Graham Ley, The Theatricality of Greek Tragedy: Playing Space and Chorus. Chicago: University of Chicago Press, 2007. Pp. 240; halftones 5, line drawings 14. ISBN 978-0-226-47757-2. $40.00.
Reviewed by Mary-Kay Gamel, University of California, Santa Cruz
[The reviewer apologizes for the delay in submitting this review.]
This book focuses on two aspects of the performance of Athenian tragedy which, as the author notes, are central to the understanding of this dramatic genre. Each discussed in a long chapter, these are the playing space and the chorus, in particular the singing and dancing of the latter.
Ley consistently seeks to distance his version of ancient performance from contemporary ideas about drama. Athenian tragedy was "a kind of performance that is substantially unfamiliar to us" (x) which was not "straining in some way to reach the present" (6). Ley focuses on practice, since "nothing can be presented in any theater that is not practical when performers, objects, action, and space are involved" (47), but the only practice that matters to him is the original production conditions. He praises Ewans' research through practice and criticizes Taplin for his "anachronistic" concept of "stagecraft," especially his focus on entrances and exits (2-3).
Overall Ley tries to reorient the discussion of tragedy in three important ways. First, he stresses the role of the chorus (which he always calls choros) rather than that of the individual characters (whom he calls "actor/characters"), arguing that "the substantial function of the original, separate performer" was to address the chorus. Later developments, he believes, provide a "gradual amplification of a choric form of performance, not a move away from it" (7) since "the singing and dancing of a choros were a sufficient satisfaction in themselves" (9) and "The situation and state of the choros, expressed in song and dance, provides the core of the tragic experience" (202).
Second, Ley focuses on the orchestra rather than the skene. The latter appeals to modern scholars, he believes, because its "frame" accords with modern performance conditions but he believes the central feature of the ancient playing space, "physically and in conception, is the space in which a choros sings and dances" (8). He finds strong connections between dithyramb and tragedy, since the former was "the defining choros of the democracy" which represented the new tribal structure of Athens (173) and united "the orchestra and theatron on behalf of the Athenian polis in honor of Dionysus" (8). He puts much emphasis on the circle--of performers, not of the playing space, since what happened inside was far more important than its outline (8)--and connects the circular form to democratic institutions.

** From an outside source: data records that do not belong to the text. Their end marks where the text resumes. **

-- ===== src/Ecg/Preserve.antt =====
-- The parts of a well-formed state after a header is inserted.
use mathlib.Core.Path.{subst}
use ossa.Prelude.{
  ℕ, ◌≡◌, refl, sym, ◌∙◌, ap, inl, inr, ◌+◌, ◌-◌, ◌^◌, ◌%◌, min, true, false, Bool-cases, none,
  some, Option-cases, ◌⊎◌, List, [], ◌∷◌, map, Ord, beq, beq_iff, contains, ◌==◌, nat_ord, arith,
}
use ossa.Ecg.StableDag.{Dag}
use ossa.Ecg.{EcgHeader, NodeInfo, State, get_node, knows}
use ossa.Ecg.WellFormed.{
  is_root, index, depth, Known, least, depth_below, IsTip, IsWellFormed, Inserted,
}

module _ {HeaderId Header : Type 0} ⦃o : Ord HeaderId⦄ {dag : Dag HeaderId} where
  pub node_of_knows :
      (st : State Header dag) (p : HeaderId)
      → knows st p ≡ true
      → (i : NodeInfo Header) × (get_node st p ≡ some i)
  unfolding knows
  node_of_knows st p h = elim (Option-cases (get_node st p)) [
    | inl e ↦ absurd (ground arith)
    | inr (i, e) ↦ (i, e)
  ]

  pub knows_of_node :
      (st : State Header dag) (p : HeaderId) (i : NodeInfo Header)
      → get_node st p ≡ some i
      → knows st p ≡ true
  unfolding knows
  knows_of_node st p i e = ground arith

  -- known headers do not contain an unknown one
  pub contains-unknown :
      (st : State Header dag) (p : HeaderId) (ps : List HeaderId)
      → get_node st p ≡ none
      → Known st ps
      → contains p ps ≡ false
  unfolding contains knows
  contains-unknown st p [] u k = refl
  contains-unknown st p (q ∷ ps) u (k, ks) =
      ground (arith, contains-unknown st p ps u ks, o.eq_of_cmp p q)

  module _ (st st' : State Header dag)
      (same : (q : HeaderId) → knows st q ≡ true → get_node st' q ≡ get_node st q) where
    pub map-index-same : (ps : List HeaderId) → Known st ps → map (index st') ps ≡ map (index st) ps
    unfolding index
    map-index-same [] k = refl
    map-index-same (p ∷ ps) (k, ks) =
        let e : index st' p ≡ index st p =
          ap (λ n. elim n [ none ↦ 0 | some i ↦ i.graph_index ]) (same p k) in
        ground (arith, map-index-same ps ks)

    pub least-same : (ps : List HeaderId) (d : ℕ) → Known st ps → least st' d ps ≡ least st d ps
    unfolding least depth
    least-same [] d k = refl
    least-same (p ∷ ps) d (k, ks) =
        let e : depth st' p ≡ depth st p =
          ap (λ n. elim n [ none ↦ 0 | some i ↦ i.depth ]) (same p k) in
        ap (λ x. least st' (min d x) ps) e ∙ least-same ps (min d (depth st p)) ks

    pub depth_below-same :
        (ps : List HeaderId) → Known st ps → depth_below st' ps ≡ depth_below st ps
    unfolding depth_below
    depth_below-same [] k = refl
    depth_below-same (p ∷ ps) k = ap (λ d. (d + 1) % 2 ^ 64) (least-same (p ∷ ps) (2 ^ 64 - 1) k)

    pub Known-same : (ps : List HeaderId) → Known st ps → Known st' ps
    unfolding knows
    Known-same [] k = tt
    Known-same (p ∷ ps) (k, ks) = (ground (arith, same p k), Known-same ps ks)

  module _ (ecg : EcgHeader HeaderId Header) {st st' : State Header dag} {p : HeaderId}
      {info : NodeInfo Header} (wf : IsWellFormed ecg st) (ins : Inserted ecg st p info st') where
    parents_of : NodeInfo Header → List HeaderId
    parents_of i = ecg.get_parent_ids i.header

    -- an entry of the new state is the new one or an old one
    node_cases :
        (q : HeaderId) (i : NodeInfo Header)
        → get_node st' q ≡ some i
        → ((q ≡ p) × (i ≡ info)) ⊎ ((beq q p ≡ false) × (get_node st q ≡ some i))
    node_cases q i e = elim (Bool-cases (beq q p)) [
      | inl h ↦ inl ((beq_iff q p).0 h, ground (arith, ins.nodes q))
      | inr h ↦ inr (h, ground (arith, ins.nodes q))
    ]

    node_new : get_node st' p ≡ some info
    node_new = ground (arith, ins.nodes p, o.cmp_refl p)

    node_same : (q : HeaderId) → knows st q ≡ true → get_node st' q ≡ get_node st q
    unfolding knows
    node_same q k = ground (arith, ins.nodes q, ins.unknown, o.eq_of_cmp q p)

    index_old :
        (q : HeaderId) (i : NodeInfo Header)
        → get_node st q ≡ some i
        → (i.graph_index == info.graph_index) ≡ false
    index_old q i e = ground (arith, wf.weight q i e, ins.fresh)

    weight :
        (q : HeaderId) (i : NodeInfo Header)
        → get_node st' q ≡ some i
        → dag.node_weight st'.dependency_graph i.graph_index ≡ some q
    weight q i e = elim (node_cases q i e) [
      | inl (h, f) ↦ ground (arith, ins.weights i.graph_index, ap (λ x. x.graph_index) f)
      | inr (h, f) ↦ ground (arith, ins.weights i.graph_index, index_old q i f, wf.weight q i f)
    ]

    entry :
        (k : ℕ) (q : HeaderId)
        → dag.node_weight st'.dependency_graph k ≡ some q
        → (i : NodeInfo Header) × (get_node st' q ≡ some i) × (i.graph_index ≡ k)
    entry k q e = elim (Bool-cases (k == info.graph_index)) [
      | inl h ↦
          let f : q ≡ p = ground (arith, ins.weights k) in
          (info, ap (get_node st') f ∙ node_new, ground arith)
      | inr h ↦
          let (i, f, g) = wf.entry k q (ground (arith, ins.weights k)) in
          (i, node_same q (knows_of_node st q i f) ∙ f, g)
    ]

    edges :
        (q : HeaderId) (i : NodeInfo Header)
        → get_node st' q ≡ some i
        → (k : ℕ)
        → contains k (dag.parents st'.dependency_graph i.graph_index)
          ≡ contains k (map (index st') (parents_of i))
    unfolding parents_of
    edges q i e k = elim (node_cases q i e) [
      | inl (h, f) ↦
          ap (λ x. contains k (dag.parents st'.dependency_graph x.graph_index)) f
          ∙ (ground (arith, ins.edges info.graph_index k)
              ∙ (ap (contains k)
                    (sym (map-index-same st st' node_same (parents_of info) ins.parents_known))
                  ∙ ap (λ x. contains k (map (index st') (parents_of x))) (sym f)))
      | inr (h, f) ↦
          ground (arith, ins.edges i.graph_index k, index_old q i f)
          ∙ (wf.edges q i f k
              ∙ ap (contains k)
                  (sym (map-index-same st st' node_same (parents_of i) (wf.parents_known q i f))))
    ]

    named :
        (q : HeaderId) (i : NodeInfo Header)
        → get_node st' q ≡ some i
        → ecg.get_header_id i.header ≡ q
    named q i e = elim (node_cases q i e) [
      | inl (h, f) ↦ ap (λ x. ecg.get_header_id x.header) f ∙ (ins.name ∙ sym h)
      | inr (h, f) ↦ wf.named q i f
    ]

    parents-Known :
        (q : HeaderId) (i : NodeInfo Header) → get_node st' q ≡ some i → Known st (parents_of i)
    unfolding parents_of
    parents-Known q i e = elim (node_cases q i e) [
      | inl (h, f) ↦ subst (λ x. Known st (ecg.get_parent_ids x.header)) (sym f) ins.parents_known
      | inr (h, f) ↦ wf.parents_known q i f
    ]

    depths :
        (q : HeaderId) (i : NodeInfo Header)
        → get_node st' q ≡ some i
        → i.depth ≡ depth_below st' (parents_of i)
    unfolding parents_of
    depths q i e =
        let same = depth_below-same st st' node_same (parents_of i) (parents-Known q i e) in
        elim (node_cases q i e) [
          | inl (h, f) ↦
              subst (λ x. x.depth ≡ depth_below st (ecg.get_parent_ids x.header)) (sym f)
                ins.depth_info
              ∙ sym same
          | inr (h, f) ↦ wf.depths q i f ∙ sym same
        ]

    roots : (q : HeaderId) → contains q st'.root_nodes ≡ is_root ecg (get_node st' q)
    unfolding is_root
    roots q = elim (Bool-cases (beq q p)) [
      | inl h ↦ ground (arith, ins.roots q, ins.nodes q)
      | inr h ↦ ground (arith, ins.roots q, ins.nodes q, wf.roots q)
    ]

    not_parent :
        (q : HeaderId) (i : NodeInfo Header)
        → get_node st' q ≡ some i
        → contains p (ecg.get_parent_ids i.header) ≡ false
    unfolding parents_of
    not_parent q i e = contains-unknown st p (parents_of i) ins.unknown (parents-Known q i e)

    knows_same : (q : HeaderId) → beq q p ≡ false → knows st' q ≡ knows st q
    unfolding knows
    knows_same q h = ground (arith, ins.nodes q)

    IsTip-of : (q : HeaderId) → contains q st'.tips ≡ true → IsTip ecg st' q
    IsTip-of q c = elim (Bool-cases (beq q p)) [
      | inl h ↦
          subst (IsTip ecg st') (sym ((beq_iff q p).0 h))
            (record { known = knows_of_node st' p info node_new; last = not_parent })
      | inr h ↦
          let t : IsTip ecg st q = (wf.tip q).0 (ground (arith, ins.tips q)) in
          record {
            known = knows_same q h ∙ t.known;
            last = λ r i e. elim (node_cases r i e) [
              | inl (g, f) ↦
                  ap (λ x. contains q (ecg.get_parent_ids x.header)) f ∙ ground (arith, ins.tips q)
              | inr (g, f) ↦ t.last r i f
            ];
          }
    ]

    of_tip : (q : HeaderId) → IsTip ecg st' q → contains q st'.tips ≡ true
    of_tip q t = elim (Bool-cases (beq q p)) [
      | inl h ↦ ground (arith, ins.tips q)
      | inr h ↦
          let old : IsTip ecg st q = record {
            known = sym (knows_same q h) ∙ t.known;
            last = λ r i e. t.last r i (node_same r (knows_of_node st r i e) ∙ e);
          } in
          let c : contains q st.tips ≡ true = (wf.tip q).1 old in
          ground (arith, ins.tips q, t.last p info node_new)
    ]

    pub Inserted-IsWellFormed : IsWellFormed ecg st'
    unfolding parents_of
    Inserted-IsWellFormed = record {
      weight = weight;
      entry = entry;
      named = named;
      parents_known =
          λ q i e. Known-same st st' node_same (ecg.get_parent_ids i.header) (parents-Known q i e);
      edges = edges;
      depths = depths;
      roots = roots;
      tip = λ q. (IsTip-of q, of_tip q);
    }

Third, Ley thinks spoken dialogue has been given too much precedence over song and dance (which he calls choreia) and that the distinction between these modes has been overemphasized. He refers to the Greek playwrights as "composers" and thinks the text of a Greek tragedy should be understood "as a vocal rather than just a semantic script." He distinguishes between different modes of vocal delivery and correctly points out that translations "are often unconcerned to differentiate" between these modes (85).
Ley's attempt to redefine and tighten the terms of discussions of tragedy is thorough. He consistently downplays the influence of individual playwrights, because "the notion of personal poetry . . . so dear and so essential to the modern tradition" is less important in the ancient world (130). At times this emphasis seems forced, for example when he says about the conclusion of Eumenides and the transformation of the Furies into protectors of Athens: "Dionysian composition, and the powers of the Dionysian festival, are here at their most confident" (195), as if the artistic and political ideology of Aeschylus had nothing to do with this conclusion. He focuses on general trends, not variations, seeking a "degree of regularity . . . in the repeated use of similar conditions for composition and presentation" (8) and frequently uses terms such as "familiar" "long-established" "unexceptional." He critiques cultural and ideological preconceptions both ancient (especially Plato's ethical and political concerns) and modern (such as "Oriental softness" [139] or Wiles' semiotic and structuralist analysis) and even objects to the term "lyric" for choral odes because the lyre was not used in tragic performances (84).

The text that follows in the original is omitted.